# Problem



## airhog (Oct 14, 2008)

I have a tecumseh HS40 engine that hunts at all rpm's low or high. I have removed the carb and cleaned it, removed all needles for cleaning, checked the float for leaking(seems ok), adjusted the float level with a 11/64 drill bit, used a base setting of 1.5 turns for the high speed needle and 1 turn for the low speed. Adjusted the engine while running at high speed and low. After this it still wants to hunt at all speeds.
What should I do next. Does it need a carb kit? Do I need to adjust the governor linkage. Any help is appreciated.

Do not know what my next step should be.


----------



## paulr44 (Oct 14, 2008)

There are several reasons an engine can hunt. Cleaning the carb. may actually make it worse sometimes, as the throttle shaft may have had some gum or a foam washer sealing it and now it's allowing a vacuum leak. I would suggest you do the following: First, run the engine and hold the throttle (plate on top) open just a bit off idle. If the engine stops the surging, then it's probably not the carb. Given an HS40 age, I'd check the carb. though too - turn it off, and check the throttle shaft for play (wiggle), at near WOT (wide open throttle). If it wiggles about 0.010" or more, time for a new carb. If good, check which hole the governor spring is in. If it hasn't been moved, it usually sits in about the middle hole, or just below middle on Tec. engines. Moving it definitely affects governor response. Moving it toward the governor shaft makes it faster to respond, but with less tension it can hunt more.

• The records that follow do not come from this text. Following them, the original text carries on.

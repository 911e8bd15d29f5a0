-- ===== src/State.antt =====
-- The data of the extension: the structures of cookie.h and query.h, the objects on the heap and
-- the fields of `g_CookieManager` and `g_ClientPrefs`, with the operations on pointers and arrays.
use clientprefs_redis.Base.{
  ℕ, suc, List, [], ◌∷◌, ◌++◌, Option, none, some, Bool, false, leb, ℤ, pos, negsuc,
}
use clientprefs_redis.Base.Fault.{M, ◌>>◌, modify, deref, check, update}
use clientprefs_redis.Text.{Text, clip}
use clientprefs_redis.Sdk.{Sdk, Entry}

abbrev pub max_name_length : ℕ
max_name_length = 30

abbrev pub max_desc_length : ℕ
max_desc_length = 255

abbrev pub max_value_length : ℕ
max_value_length = 100

-- CookieAccess: the program casts any number to it, so it is the number.
abbrev pub CookieAccess : Type 0
CookieAccess = ℤ

abbrev pub cookie_access_public : CookieAccess
cookie_access_public = pos 0

-- `parent` is `none` until it is written; an address is a number.
pub record CookieData : Type 0 where
  pub value : Text
  pub changed : Bool
  pub timestamp : ℕ
  pub parent : Option ℕ

-- The constructor sets the value. Who calls it sets the other fields before they are read.
unfoldable pub new_cookie_data : Option Text → CookieData
new_cookie_data value = record {
  value = clip max_value_length value;
  changed = false;
  timestamp = 0;
  parent = none;
}

-- `data_at` is the array `data`; `none` is NULL.
pub record Cookie : Type 0 where
  pub name : Text
  pub description : Text
  pub dbid : ℤ
  pub data_at : ℕ → Option ℕ
  pub access : CookieAccess

unfoldable pub new_cookie : Option Text → Option Text → CookieAccess → Cookie
new_cookie name description access = record {
  name = clip max_name_length name;
  description = clip max_desc_length description;
  dbid = negsuc 0;
  data_at = λ _. none;
  access = access;
}

pub data QueryType : Type 0 where
  insert_cookie select_data insert_data select_id connect : QueryType

pub record ParamData : Type 0 where
  pub cookie : Option ℕ
  pub steam_id : Text
  pub cookie_id : ℤ
  pub datum : Option ℕ

abbrev pub new_param_data : ParamData
new_param_data = record { cookie = none; steam_id = []; cookie_id = pos 0; datum = none }

-- `cookie` is `m_pCookie`. A cookie in `results` is a value, not an object on the heap.
pub record QueryOp : Type 0 where
  pub type : QueryType
  pub serial : ℕ
  pub cookie : Option ℕ
  pub params : ParamData
  pub insert_id : ℤ
  pub results : List (Cookie × Text)

-- TQueryOp(type, serial)
abbrev pub serial_op : QueryType → ℕ → QueryOp
serial_op type serial = record {
  type = type;
  serial = serial;
  cookie = none;
  params = new_param_data;
  insert_id = negsuc 0;
  results = [];
}

-- TQueryOp(type, cookie)
abbrev pub cookie_op : QueryType → ℕ → QueryOp
cookie_op type cookie = record {
  type = type;
  serial = 0;
  cookie = some cookie;
  params = new_param_data;
  insert_id = negsuc 0;
  results = [];
}

-- The heap of cookies and of cookie data with the next free address, the fields of the manager, the
-- two queues of `tqq` with the queries that a thread has taken and not put back yet, the cached
-- queries, and the clients that the forward OnClientCookiesCached was called with, the latest last.
-- An array of clients is a function, and its bound is checked at each access.
pub record World : Type 0 where
  pub cookies : ℕ → Option Cookie
  pub datums : ℕ → Option CookieData
  pub next : ℕ
  pub finder : List Entry
  pub cookie_list : List ℕ
  pub client_data : ℕ → List ℕ
  pub connected : ℕ → Bool
  pub stats_loaded : ℕ → Bool
  pub stats_pending : ℕ → Bool
  pub query_queue : List QueryOp
  pub running : List QueryOp
  pub result_queue : List QueryOp
  pub cached_queries : List QueryOp
  pub told : List ℕ

abbrev pub Main : Type 0 → Type 0
Main A = M World A

-- CookieManager::CookieManager(), and an empty heap.
unfoldable pub new_world : World
new_world = record {
  cookies = λ _. none;
  datums = λ _. none;
  next = 1;
  finder = [];
  cookie_list = [];
  client_data = λ _. [];
  connected = λ _. false;
  stats_loaded = λ _. false;
  stats_pending = λ _. false;
  query_queue = [];
  running = [];
  result_queue = [];
  cached_queries = [];
  told = [];
}

abbrev pub load_cookie : ℕ → Main Cookie
load_cookie p s = deref (s.cookies p) s

abbrev pub load_data : ℕ → Main CookieData
load_data d s = deref (s.datums d) s

abbrev pub store_cookie : ℕ → Cookie → Main Unit
store_cookie p k = do
  load_cookie p
  modify (λ s. record s { cookies = update s.cookies p (some k) })

abbrev pub store_data : ℕ → CookieData → Main Unit
store_data d x = do load_data d; modify (λ s. record s { datums = update s.datums d (some x) })

abbrev pub delete_data : ℕ → Main Unit
delete_data d = do load_data d; modify (λ s. record s { datums = update s.datums d none })

abbrev pub alloc_cookie : Cookie → Main ℕ
alloc_cookie k s =
    some (s.next, record s { cookies = update s.cookies s.next (some k); next = suc s.next })

abbrev pub alloc_data : CookieData → Main ℕ
alloc_data x s =
    some (s.next, record s { datums = update s.datums s.next (some x); next = suc s.next })

-- clientData[client].append(data)
abbrev pub append_data : ℕ → ℕ → Main Unit
append_data client d =
    modify
      (λ s. record s { client_data = update s.client_data client (s.client_data client ++ d ∷ []) })

-- TQueue::AddToThreadQueue, which ignores the priority.
abbrev pub add_query_to_queue : QueryOp → Main Unit
add_query_to_queue op = modify (λ s. record s { query_queue = s.query_queue ++ op ∷ [] })

-- An access to an array of SM_MAXPLAYERS + 1 elements.
abbrev pub check_client : ⦃sdk : Sdk⦄ → ℕ → Main Unit
check_client ⦃sdk⦄ client = check (leb client sdk.max_players)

Moving it away from the shaft lessens sensitivity. There's also governor droop, but forget that for now. Yes, I would reset governor free play. In such situations, I usually set it a bit off from the correct setting. The correct setting is zero play. To zero it, have the engine shut off. Move the control to full throttle to open the carb. up to WOT. Loosen the governor arm clamping screw. With blunt pliers, twist the gov. shaft left to right to make sure you have it free - the arm should not move. Now twist the shaft in the same direction of full throttle - in other words, the same direction the spring is pulling the arm. Hold the shaft there, with no real pressure on it but keep it from moving and tighten the clamping screw. TaDa! That the way to set ALL centrifugal governors. My "off" setting for sensitive ones, is to back the shaft "away" from zero a tad. That often relieves some of the sensitivity. Finally, the governor internally could be sticky, due to a groove worn in a component. The HS40 engines have a shaft that bends and kind of looks like a record player tone arm, which rides on a phenolic spool. Tecumseh spools sometimes get a groove in them, either over time from dirty oil or from overheating. Mixture too, can affect hunting.


----------



## 30yearTech (Sep 14, 2006)

airhog said:


> I have a tecumseh HS40 engine that hunts at all rpm's low or high. I have removed the carb and cleaned it, removed all needles for cleaning, checked the float for leaking(seems ok), adjusted the float level with a 11/64 drill bit, used a base setting of 1.5 turns for the high speed needle and 1 turn for the low speed. Adjusted the engine while running at high speed and low. After this it still wants to hunt at all speeds.
> What should I do next. Does it need a carb kit? Do I need to adjust the governor linkage. Any help is appreciated.
> 
> Do not know what my next step should be.


Since the engine wants to hunt at all speeds, I would suggest doing the static governor adjustment, although I would forgo the "tad" adjustment described in the previous post. All internal governors to operate correctly need to have no play in them or they will either hunt or over speed. I don't care what anyone tells you. If the governor does not operate correctly when properly adjusted, there are other issues that need to be addressed.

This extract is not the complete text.